Supplied records below:
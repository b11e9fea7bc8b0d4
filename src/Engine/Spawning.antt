-- ===== src/Engine/Spawning.antt =====
-- internal/engine: the agent of a state's entry, its context file and its kickoff (engine.go,
-- decision.go), and the retry cap that is checked before it is resumed. The kickoff and the files are
-- kept by what they say, not by their wording; paths are not modelled.
use hounds_ciai.Prelude.{
  ℕ, suc, String, Bool, true, false, not, ◌&&◌, Option, none, some, List, [], ◌∷◌, ◌++◌, ◌==◌,
  string_eq, leb, if◌then◌else◌, is_nonempty,
}
use hounds_ciai.Prelude.Maps.{lookup, lookup_or, insert}
use hounds_ciai.Result.{ok, err, undeclared, no_transition, file_failed}
use hounds_ciai.Config.Types.{State, Entry, Role, decision_of}
use hounds_ciai.Store.{Task}
use hounds_ciai.Engine.Monad.{
  World, Engine, M, attached, TaskFile, triage_file, review_file, feedback_file, issue_file,
  fetch_issue, resolve, spawn_agent, read_rubric, write_file, remove_verdict, read_verdict, pure,
  raise, branch, get_task, set_task, from_result, or_raise, call, ◌>>=◌, ◌>>◌,
}
use hounds_ciai.Engine.Lookup.{find_event_transition, decision_for_state}
use hounds_ciai.Engine.Transitions.{persist}

-- Whether the launcher's base name is claude's; `base` is `filepath.Base`.
abbrev pub is_claude : List String → (String → String) → Bool
is_claude [] base = false
is_claude (l ∷ ls) base = base l == "claude"

-- `launchArgs`: the role's tools are passed on to the one launcher that takes them.
unfoldable pub launch_args : (String → String) → Role → List String
launch_args base r =
    if is_nonempty r.allowed_tools && is_claude r.launch base
    then r.launch ++ ("--allowedTools" ∷ r.allowed_tools)
    else r.launch

-- What a kickoff asks for: the role's own line, or one of the engine's.
pub data Kickoff : Type 0 where
  own : String → Kickoff
  implement review triage address_feedback : Kickoff

abbrev pub kickoff_text : Kickoff → String
kickoff_text (own s) = s
kickoff_text implement = "implement"
kickoff_text review = "review"
kickoff_text triage = "triage"
kickoff_text address_feedback = "address feedback"

abbrev pub has_pr : Option ℕ → Bool
has_pr none = false
has_pr (some n) = true

module _ {W : Type 0} (ext : World W) where
  -- `readRubric`.
  unfoldable pub load_rubric : String → M W String
  load_rubric rel =
      branch (rel == "") (raise file_failed) (call ext (read_rubric rel) >>= from_result)

  unfoldable pub write : TaskFile → M W (Unit {0})
  write f = call ext (write_file f) >>= from_result

  -- `clearVerdict`: the verdict of a prior round must not be read as this one's.
  unfoldable pub clear_verdict : Task → M W (Unit {0})
  clear_verdict task = call ext (remove_verdict task.id) >>= from_result

  -- `reviewerTask`.
  unfoldable pub reviewer_task : Engine → Task → String → M W Kickoff
  unfolding load_rubric write clear_verdict
  reviewer_task e task name = do
    rubric ← load_rubric (decision_of e.wf name).impl.rubric
    write (review_file rubric task.pr_number task.branch)
    clear_verdict task
    pure review

  -- `triageTask`.
  unfoldable pub triage_task : Engine → Task → String → M W Kickoff
  unfolding load_rubric write clear_verdict
  triage_task e task name = do
    rubric ← load_rubric (decision_of e.wf name).impl.rubric
    r ← call ext (fetch_issue task.issue)
    issue ← from_result r
    write (triage_file rubric issue)
    clear_verdict task
    pure triage

  -- The feedback of `feedbackTask`: empty when the verdict cannot be read.
  unfoldable pub read_feedback : Task → String → M W String
  read_feedback task with_ =
      branch (with_ == "review_feedback")
        (call ext (read_verdict task.id) >>= λ r.
          pure (elim r [ err _ ↦ "" | ok v ↦ elim v [ none ↦ "" | some v ↦ v.feedback ] ]))
        (pure "")

  unfoldable pub feedback_task : Task → String → M W Kickoff
  unfolding read_feedback write
  feedback_task task with_ = do
    feedback ← read_feedback task with_
    write (feedback_file task.pr_number task.branch feedback)
    pure address_feedback

  -- `writeTaskFile` and `kickoff`.
  unfoldable pub issue_task : Role → Task → M W Kickoff
  unfolding write
  issue_task r task = do
    reply ← call ext (fetch_issue task.issue)
    issue ← from_result reply
    write (issue_file issue)
    pure (if not (r.kickoff == "") then own r.kickoff else implement)

  -- `agentTask`: a decision state gets a triage task before there is a PR and a review task after.
  unfoldable pub decision_task : Engine → Task → String → Option ℕ → M W Kickoff
  decision_task e task dec none = triage_task e task dec
  decision_task e task dec (some n) = reviewer_task e task dec

  unfoldable pub work_task : Task → Role → Option Entry → M W Kickoff
  work_task task r none = issue_task r task
  work_task task r (some en) =
      branch (not (en.resume == "")) (feedback_task task en.with_) (issue_task r task)

  unfoldable pub agent_task : Engine → Task → State → Role → M W Kickoff
  unfolding decision_task work_task
  agent_task e task st r =
      branch (not (decision_for_state st == ""))
        (decision_task e task (decision_for_state st) task.pr_number) (work_task task r st.entry)

  -- The fresh spawn of `spawn`: the pane is recorded with the state that it was spawned for.
  unfoldable pub spawn_fresh : Engine → String → State → M W (Unit {0})
  spawn_fresh e role st = do
    r ← or_raise (lookup role e.wf.roles) undeclared
    task ← get_task
    kickoff ← agent_task e task st r
    reply ← call ext (
        spawn_agent (record {
          task_id = task.id;
          role = role;
          branch = task.branch;
          repo_dir = e.repo;
          base = e.base;
          launch = launch_args e.base_name r;
          kickoff = kickoff_text kickoff;
          preserve_branch = has_pr task.pr_number;
        }))
    pane ← from_result reply
    task' ← get_task
    set_task (record task' { pane_id = pane; pane_spawn_state = task'.current_state })
    persist ext attached

  -- A live agent of this very state is reused; one that cannot be resolved stops the drive.
  unfoldable pub reuse : Task → Option String → M W Bool
  reuse task none = pure false
  reuse task (some pane) = do set_task (record task { pane_id = pane }); pure true

  unfoldable pub try_reuse : M W Bool
  unfolding reuse
  try_reuse = do
    task ← get_task
    branch (not (task.pane_id == "") && task.pane_spawn_state == task.current_state)
        (call ext (resolve task.id) >>= λ r. from_result r >>= reuse task) (pure false)

  -- `spawn`.
  unfoldable pub spawn : Engine → String → State → M W (Unit {0})
  unfolding try_reuse
  spawn e role st = do reused ← try_reuse; branch reused (pure tt) (spawn_fresh e role st)

  -- `checkRetryCap`: `some` target when the cap is exceeded.
  unfoldable pub count_retry : State → ℕ → ℕ → M W (Option String)
  count_retry st limit count = branch (leb count limit) (pure none) (
      or_raise (find_event_transition st "retry_exhausted") no_transition >>= λ t. pure (some t.to))

  unfoldable pub bump_retry : State → Option ℕ → M W (Option String)
  unfolding count_retry
  bump_retry st none = pure none
  bump_retry st (some limit) = do
    task ← get_task
    let count = suc (lookup_or task.current_state 0 task.retry_counts)
    set_task (record task { retry_counts = insert task.current_state count task.retry_counts })
    count_retry st limit count

  unfoldable pub check_retry_cap : Engine → State → M W (Option String)
  unfolding bump_retry
  check_retry_cap e st = do
    task ← get_task
    bump_retry st (lookup task.current_state e.wf.policies.retry_caps)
End of Supplied records.
:: Exercise goal ::
A single number is the whole answer here: the number of lines in the data containing "this".

:: Finished exercise ::
2